----- Source data
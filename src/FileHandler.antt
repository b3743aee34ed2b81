-- ===== src/FileHandler.antt =====
-- client/meta/file_handler.cpp: the open files of a client by their handle. A pointer is an
-- address; `loc` and the pointers are `none` before they are set.
pub mod Handles
mod Examples
use nmfs.Prelude.{ℕ, Bool, true, false, Option, none, some, if◌then◌else◌}
use nmfs.Prelude.Tests.{◌==◌}
use nmfs.Exec.{Result, ok, err, runtime_error}
use nmfs.Uuid.{Uuid}
use nmfs.Inode.{MetaLocation}

pub record FileHandler : Type 0 where
  pub ino : Uuid
  pub loc : Option MetaLocation
  pub fhno : ℕ
  pub i : Option ℕ
  pub remote_i : Option ℕ

-- file_handler(ino)
unfoldable pub new_file_handler : Uuid → FileHandler
new_file_handler ino = record { ino = ino; loc = none; fhno = 0; i = none; remote_i = none }

unfoldable pub set_fhno : ℕ → FileHandler → FileHandler
set_fhno this_fhno fh = record fh { fhno = this_fhno }

unfoldable pub set_loc : MetaLocation → FileHandler → FileHandler
set_loc this_loc fh = record fh { loc = some this_loc }

unfoldable pub set_i : ℕ → FileHandler → FileHandler
set_i open_i fh = record fh { i = some open_i }

unfoldable pub set_remote_i : ℕ → FileHandler → FileHandler
set_remote_i open_remote_i fh = record fh { remote_i = some open_remote_i }

-- The inode that is open, by the location.
open_at : Option MetaLocation → FileHandler → Result (Option ℕ)
open_at (some MetaLocation.local) fh = ok fh.i
open_at (some MetaLocation.remote) fh = ok fh.remote_i
open_at _ fh = err runtime_error

unfoldable pub get_open_inode_info : FileHandler → Result (Option ℕ)
unfolding open_at
get_open_inode_info fh = open_at fh.loc fh

-- fh_list
abbrev pub FileHandlerList : Type 0
FileHandlerList = ℕ → Option FileHandler

abbrev pub assign : ℕ → Option FileHandler → FileHandlerList → FileHandlerList
assign key fh fh_list k = if key == k then fh else fh_list k

-- A handle that is in use stays as it is, and the call throws.
unfoldable pub add_file_handler :
    ℕ → FileHandler → FileHandlerList → Result (Unit {0}) × FileHandlerList
add_file_handler key fh fh_list = elim (fh_list key) [
  | none ↦ (ok tt, assign key (some fh) fh_list)
  | some _ ↦ (err runtime_error, fh_list)
]

unfoldable pub get_file_handler : ℕ → FileHandlerList → Result FileHandler
get_file_handler key fh_list = elim (fh_list key) [ none ↦ err runtime_error | some fh ↦ ok fh ]

-- `true` for 0, and `false` for -EIO
unfoldable pub delete_file_handler : ℕ → FileHandlerList → Bool × FileHandlerList
delete_file_handler key fh_list = elim (fh_list key) [
  | none ↦ (false, fh_list)
  | some _ ↦ (true, assign key none fh_list)
]
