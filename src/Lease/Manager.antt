-- ===== src/Lease/Manager.antt =====
-- manager/lease/lease_table.cpp and lease_impl.cpp. The two locked blocks of acquire() find the same
-- entry or none, unless another call has inserted it in between; `insert_entry` has that case too.
use nmfs.Prelude.{ℕ, ◌+◌, Bytes, ◌==◌, Bool, true, false, Option, none, some, leb, if◌then◌else◌}
use nmfs.Map.{Map, find, put}
use nmfs.Uuid.{Uuid, splice_prefix_and_postfix}

-- LEASE_PERIOD_MS
abbrev pub lease_period_ms : ℕ
lease_period_ms = 200000000

pub record LeaseEntry : Type 0 where
  pub due : ℕ
  pub addr : Bytes

abbrev pub LeaseTable : Type 0
LeaseTable = Map LeaseEntry

-- What a call of acquire() or cas() hands back: the value 0 (true) or -1 (false), and the values of
-- the reference parameters `latest_due` and `remote_addr`.
pub record Answer : Type 0 where
  pub granted : Bool
  pub latest_due : ℕ
  pub remote_addr : Bytes

-- cas(): `checked` is the clock at the test and `started` the clock at the start of a new period
unfoldable pub cas : ℕ → ℕ → Bytes → LeaseEntry → LeaseEntry × Answer
cas checked started remote e =
    if leb e.due checked
    then (
      record { due = started + lease_period_ms; addr = remote },
      record { granted = true; latest_due = started + lease_period_ms; remote_addr = remote },
    )
    else if e.addr == remote
    then (e, record { granted = true; latest_due = e.due; remote_addr = remote })
    else (e, record { granted = false; latest_due = e.due; remote_addr = e.addr })

-- lease_entry(latest_due, remote_addr), put into the map by the second block of acquire()
unfoldable pub insert_entry : Bytes → ℕ → Bytes → LeaseTable → LeaseTable × Answer
insert_entry name started remote table = elim (find name table) [
  | none ↦
      let due = started + lease_period_ms in
      (
        put name (record { due = due; addr = remote }) table,
        record { granted = true; latest_due = due; remote_addr = remote },
      )
  | some e ↦
      (table, record { granted = e.addr == remote; latest_due = e.due; remote_addr = remote })
]

unfoldable pub acquire : Bytes → ℕ → ℕ → Bytes → LeaseTable → LeaseTable × Answer
unfolding cas insert_entry
acquire name checked started remote table = elim (find name table) [
  | some e ↦ let (e', answer) = cas checked started remote e in (put name e' table, answer)
  | none ↦ insert_entry name started remote table
]

-- message lease_request and lease_response
pub record LeaseRequest : Type 0 where
  pub ino_prefix : ℕ
  pub ino_postfix : ℕ
  pub remote_addr : Bytes

-- `remote_addr` is set only where `ret` is not 0.
pub record LeaseResponse : Type 0 where
  pub ret : Bool
  pub due : ℕ
  pub remote_addr : Option Bytes

abbrev pub response_of : Answer → LeaseResponse
response_of answer = record {
  ret = answer.granted;
  due = answer.latest_due;
  remote_addr = if answer.granted then none else some answer.remote_addr;
}

-- lease_impl::acquire(); `ret` is true for 0
unfoldable pub serve :
    (Uuid → Bytes) → ℕ → ℕ → LeaseRequest → LeaseTable → LeaseTable × LeaseResponse
serve to_string checked started request table =
    let ino = splice_prefix_and_postfix request.ino_prefix request.ino_postfix in
    let (table', answer) = acquire (to_string ino) checked started request.remote_addr table in
    (table', response_of answer)
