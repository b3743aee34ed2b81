-- ===== src/Lease/Client.antt =====
-- client/lease/lease_table_client.cpp and lease_client.cpp.
use nmfs.Prelude.{ℕ, Bytes, Bool, false, ◌&&◌, none, some, ltb, if◌then◌else◌}
use nmfs.Map.{Map, find, put}
use nmfs.Uuid.{Uuid, get_prefix_from_uuid, get_postfix_from_uuid}
use nmfs.Lease.Manager.{LeaseRequest, LeaseResponse}

pub record LeaseEntry : Type 0 where
  pub due : ℕ
  pub leader : Bool

abbrev pub LeaseTable : Type 0
LeaseTable = Map LeaseEntry

unfoldable pub set_info : ℕ → Bool → LeaseEntry → LeaseEntry
set_info new_due mine e = if ltb e.due new_due then record { due = new_due; leader = mine } else e

unfoldable pub is_valid : Uuid → ℕ → LeaseTable → Bool
is_valid ino now table = elim (find ino table) [ none ↦ false | some e ↦ ltb now e.due ]

unfoldable pub is_mine : Uuid → ℕ → LeaseTable → Bool
is_mine ino now table = elim (find ino table) [ none ↦ false | some e ↦ e.leader && ltb now e.due ]

-- update(): the entry that is found, in either block, is set; else a new one is inserted
unfoldable pub update : Uuid → ℕ → Bool → LeaseTable → LeaseTable
unfolding set_info
update ino new_due mine table = elim (find ino table) [
  | some e ↦ put ino (set_info new_due mine e) table
  | none ↦ put ino (record { due = new_due; leader = mine }) table
]

-- The request that lease_client::acquire() sends.
unfoldable pub make_request : Uuid → Bytes → LeaseRequest
make_request ino remote = record {
  ino_prefix = get_prefix_from_uuid ino;
  ino_postfix = get_postfix_from_uuid ino;
  remote_addr = remote;
}

-- What lease_client::acquire() does with an answer that has come: the table, whether it returns 0,
-- and `remote_addr`.
unfoldable pub take_response : Uuid → LeaseResponse → Bytes → LeaseTable → LeaseTable × Bool × Bytes
unfolding update
take_response ino response remote_addr table = (
  update ino response.due response.ret table,
  response.ret,
  elim response.remote_addr [
    | none ↦ remote_addr
    | some a ↦ if response.ret then remote_addr else a
  ],
)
----------
Work instruction:
Filter the entries above down to the lines containing the word "assign".

Your solution:
abbrev pub assign : ℕ → Option FileHandler → FileHandlerList → FileHandlerList
assign key fh fh_list k = if key == k then fh else fh_list k
  | none ↦ (ok tt, assign key (some fh) fh_list)
  | some _ ↦ (true, assign key none fh_list)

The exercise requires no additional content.